In recent years, Nigeria has struggled to cope with outbreaks of Lassa fever, measles and polio. The Democratic Republic of Congo has failed to bring its current Ebola outbreak to an end. Malaria, a disease that is relatively simple to treat, kills hundreds of thousands across the continent every year.

And the state of public health systems in many African countries is bad enough that many people will not go to a hospital at all, feeling that it is a place of last resort.

“Everyone doesn’t feel like the health system is made for them to get better in,” said Adia Benton, an anthropologist at Northwestern University whose focuses include global health. Often in Sierra Leone, where she has worked extensively, people go to a hospital to die, Ms. Benton said — and this will not change with the coronavirus outbreak.

“There are a lot of people who are going to just be sick and in bed. And so what will you be doing for those folks? What kinds of palliation will be provided? Will communities be able to come together to offer painkillers, fever reducers, expectorants, decongestants — things like that?”

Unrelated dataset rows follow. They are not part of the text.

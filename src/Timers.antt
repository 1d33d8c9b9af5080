-- ===== src/Timers.antt =====
-- The named timers of assets/js/goradd.js: `setTimer`, `clearTimer`, `hasTimer`, `throttle` and the
-- timers of a control. The browser is part of the state: its clock in milliseconds, and the timers
-- that it has pending. An action is opaque; while it runs, the page makes calls of these functions.

pub mod Owned
pub mod Throttle
use serve.Base.{
  ℕ, suc, ◌+◌, ◌-◌, ltb, ◌==◌, String, str_append, Bool, true, false, List, [], ◌∷◌, ◌++◌, Option,
  none, some, if◌then◌else◌, ◌≡◌, ◌⊎◌, ◌≤◌,
}
use serve.Base.Dict.{lookup, insert}

-- An entry of `_timers`; `t` is the handle of the browser, `null` once the timer is over.
pub record Timer : Type 0 where
  pub i : ℕ
  pub d : ℕ
  pub p : Bool
  pub s : ℕ
  pub e : ℕ
  pub t : Option ℕ

-- A timer that the browser will fire when `due` has come.
pub record Pending {ℓ} (A : Type ℓ) : Type ℓ where
  pub handle : ℕ
  pub id : String
  pub action : A
  pub due : ℕ
  pub interval : ℕ
  pub periodic : Bool

pub record Timers {ℓ} (A : Type ℓ) : Type ℓ where
  -- `_timers`
  pub table : List (String × Timer)
  pub pending : List (Pending A)
  pub next_handle : ℕ
  pub now : ℕ

-- The calls that an action can make.
pub data Call {ℓ} (A : Type ℓ) : Type ℓ where
  sets : String → A → ℕ → Bool → Call A
  clears : String → Call A
  throttles : String → ℕ → A → Call A

-- `_timers[id].t`
abbrev pub handle_of : String → List (String × Timer) → Option ℕ
handle_of id table = elim (lookup id table) [ none ↦ none | some r ↦ r.t ]

module _ {ℓ} {A : Type ℓ} where
  -- `clearTimeout` and `clearInterval`
  unfoldable pub drop_pending : ℕ → List (Pending A) → List (Pending A)
  drop_pending h [] = []
  drop_pending h (p ∷ ps) = if p.handle == h then drop_pending h ps else p ∷ drop_pending h ps

  -- `hasTimer`
  unfoldable pub has_timer : String → Timers A → Bool
  has_timer id s = elim (handle_of id s.table) [ none ↦ false | some h ↦ true ]

  -- `clearTimer`
  unfoldable pub clear_timer : String → Timers A → Timers A
  clear_timer id s = elim (lookup id s.table) [
    | none ↦ s
    | some r ↦ elim r.t [
      | none ↦ s
      | some h ↦ record s {
        pending = drop_pending h s.pending;
        table = insert id (record r { t = none }) s.table;
      }
    ]
  ]

  unfoldable pub set_timer : String → A → ℕ → Bool → Timers A → Timers A
  set_timer id action delay periodic s =
      let s1 = clear_timer id s in
      let entry : Timer = record {
        i = s1.now;
        d = delay;
        p = periodic;
        s = 0;
        e = 0;
        t = some s1.next_handle;
      } in
      let timer : Pending A = record {
        handle = s1.next_handle;
        id = id;
        action = action;
        due = s1.now + delay;
        interval = delay;
        periodic = periodic;
      } in
      record s1 {
        table = insert id entry s1.table;
        pending = s1.pending ++ timer ∷ [];
        next_handle = suc s1.next_handle;
      }

  -- `startControlTimer` and `stopControlTimer`
  unfoldable pub start_control_timer : String → A → ℕ → Bool → Timers A → Timers A
  start_control_timer control_id action delay periodic s =
      set_timer (str_append control_id "_ct") action delay periodic s

  unfoldable pub stop_control_timer : String → Timers A → Timers A
  stop_control_timer control_id s = clear_timer (str_append control_id "_ct") s

  -- When the function under `id` last started, as `throttle` reads it: 0 unless it has ended.
  unfoldable pub prev_time : String → Timers A → ℕ
  prev_time id s = elim (lookup id s.table) [ none ↦ 0 | some r ↦ if ltb 0 r.e then r.s else 0 ]

  -- `throttle`. The subtraction from `minInterval` stops at 0, as `Math.max(…, 0)` does; the clock
  -- does not run backwards, so the inner one is exact.
  unfoldable pub throttle : String → ℕ → A → Timers A → Timers A
  throttle id min_interval f s =
      if has_timer id s then s else set_timer id f (min_interval - (s.now - prev_time id s)) false s

  unfoldable pub call : Call A → Timers A → Timers A
  call (sets id a d periodic) s = set_timer id a d periodic s
  call (clears id) s = clear_timer id s
  call (throttles id n a) s = throttle id n a s

  unfoldable pub call_all : List (Call A) → Timers A → Timers A
  call_all [] s = s
  call_all (c ∷ cs) s = call_all cs (call c s)

  -- `_timers[id].s = …` and `_timers[id].e = …`; without an entry the source throws there.
  unfoldable pub mark_start : String → Timers A → Timers A
  mark_start id s = elim (lookup id s.table) [
    | none ↦ s
    | some r ↦ record s { table = insert id (record r { s = s.now }) s.table }
  ]

  unfoldable pub mark_end : String → Timers A → Timers A
  mark_end id s = elim (lookup id s.table) [
    | none ↦ s
    | some r ↦ record s { table = insert id (record r { e = s.now }) s.table }
  ]

  unfoldable pub pass : ℕ → Timers A → Timers A
  pass n s = record s { now = s.now + n }

  -- The function given to `setTimeout`; its action makes `calls` and takes `spent` milliseconds.
  unfoldable pub on_timeout : String → List (Call A) → ℕ → Timers A → Timers A
  on_timeout id calls spent s =
      mark_end id (pass spent (call_all calls (clear_timer id (mark_start id s))))

  -- The browser's part: a timeout is over when it fires, an interval starts anew.
  unfoldable pub restart : ℕ → ℕ → List (Pending A) → List (Pending A)
  restart h now [] = []
  restart h now (p ∷ ps) =
      (if p.handle == h then record p { due = now + p.interval } else p) ∷ restart h now ps

  unfoldable pub fire : Pending A → List (Call A) → ℕ → Timers A → Timers A
  fire p calls spent s =
      if p.periodic
      then pass spent (call_all calls (record s { pending = restart p.handle s.now s.pending }))
      else on_timeout p.id calls spent (record s { pending = drop_pending p.handle s.pending })

pub data IsPending {ℓ} {A : Type ℓ} (p : Pending A) : List (Pending A) → Type ℓ where
  first : {x : Pending A} {ps : List (Pending A)} → p ≡ x → IsPending p (x ∷ ps)
  later : {x : Pending A} {ps : List (Pending A)} → IsPending p ps → IsPending p (x ∷ ps)

-- One thing that happens: time passes, the page calls, or a pending timer that is due fires.
pub data Step {ℓ} {A : Type ℓ} : Timers A → Timers A → Type ℓ where
  passes : (n : ℕ) (s : Timers A) → Step s (pass n s)
  calls : (c : Call A) (s : Timers A) → Step s (call c s)
  fires :
      (p : Pending A) (cs : List (Call A)) (spent : ℕ) (s : Timers A)
      → IsPending p s.pending
      → p.due ≤ s.now
      → Step s (fire p cs spent s)

pub data Reach {ℓ} {A : Type ℓ} (s : Timers A) : Timers A → Type ℓ where
  here : Reach s s
  next : {t u : Timers A} → Reach s t → Step t u → Reach s u
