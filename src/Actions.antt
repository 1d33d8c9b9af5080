-- ===== src/Actions.antt =====
-- The action queue of assets/js/goradd.js: `queueAction` and `processActions`, over the named
-- timers. What an action does to the page is opaque, except for the actions that it queues: those
-- are a parameter. The loop takes fuel; `Drain` shows how much is enough.
pub mod Delay
pub mod Drain
use serve.Base.{
  ◌≡◌, refl, ◌≢◌, sym, ap, ◌∙◌, ℕ, zero, suc, ◌+◌, ◌-◌, ◌≤◌, ◌<◌, max, String, str_eq, str_append,
  eq_iff, eq_refl, Bool, true, false, not, ◌&&◌, ◌||◌, List, [], ◌∷◌, ◌++◌, arith, if◌then◌else◌,
  ◌==◌, ==_iff, ltb, leb, Bool-cases, Option-cases, inl, inr, ◌⊎◌, ◌↔◌, All, All-append, Option,
  none, some, append-nil, append_assoc, map, reverse, length,
}
use serve.Timers.{Timers, has_timer, set_timer}

-- What the timers of the page run: the queue itself, or the function of a delayed action.
pub data Job {ℓ} (F : Type ℓ) : Type ℓ where
  process : Job F
  page : F → Job F

-- The parameters of `queueAction`: `d` is the delay and `k` the name of the timer.
pub record Params {ℓ} (F : Type ℓ) : Type ℓ where
  pub k : String
  pub f : F
  pub d : ℕ
  pub last : Bool

pub record Actions {ℓ} (F : Type ℓ) : Type ℓ where
  -- `_actionQueue`
  pub queue : List (Params F)
  pub timers : Timers (Job F)
  -- the actions that were run at once, latest last
  pub ran : List F

module _ {ℓ} {F : Type ℓ} where
  -- The longest delay in the queue.
  unfoldable pub longest : ℕ → List (Params F) → ℕ
  longest delay [] = delay
  longest delay (item ∷ items) = longest (if ltb delay item.d then item.d else delay) items

  -- `queueAction`
  unfoldable pub with_delay : Params F → List (Params F) → Params F
  with_delay p items = if p.last then record p { d = longest 0 items + 1 } else p

  unfoldable pub queue_action : Params F → Actions F → Actions F
  queue_action p s =
      let s1 : Actions F = record s { queue = s.queue ++ with_delay p s.queue ∷ [] } in
      if not (has_timer "goradd.actions" s1.timers)
      then record s1 { timers = set_timer "goradd.actions" process 10 false s1.timers }
      else s1

  unfoldable pub queue_all : List (Params F) → Actions F → Actions F
  queue_all [] s = s
  queue_all (p ∷ ps) s = queue_all ps (queue_action p s)

  -- One round of `processActions`, for an action that has been taken from the queue.
  unfoldable pub process_action : (F → List (Params F)) → Params F → Actions F → Actions F
  process_action reaction p s =
      if ltb 0 p.d
      then record s { timers = set_timer p.k (page p.f) p.d false s.timers }
      else queue_all (reaction p.f) (record s { ran = s.ran ++ p.f ∷ [] })

  -- `processActions`; `none` means that the fuel ran out.
  unfoldable pub process_actions : (F → List (Params F)) → ℕ → Actions F → Option (Actions F)
  process_actions reaction zero s = none
  process_actions reaction (suc fuel) s = elim s.queue [
    | [] ↦ some s
    | p ∷ rest ↦
        process_actions reaction fuel (process_action reaction p (record s { queue = rest }))
  ]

It wasn’t supposed to be this way. At a United Nations conference on primary health care back in 1978, the Health for All initiative was launched. One of its goals was to tackle the gross inequality in global health, particularly between developed and developing nations.

Enthusiastically welcomed by African governments, it never took off. The rise of free market capitalism in the 1980s, several experts say, changed the notion that states should be responsible for providing health care to every citizen.

This past week, in an impassioned letter to African leaders calling for health workers’ status to be enhanced and hospital infrastructure upgraded, 88 intellectuals from across the continent returned to the idea of universal health care.

“Health has to be conceived as an essential public good,” they said.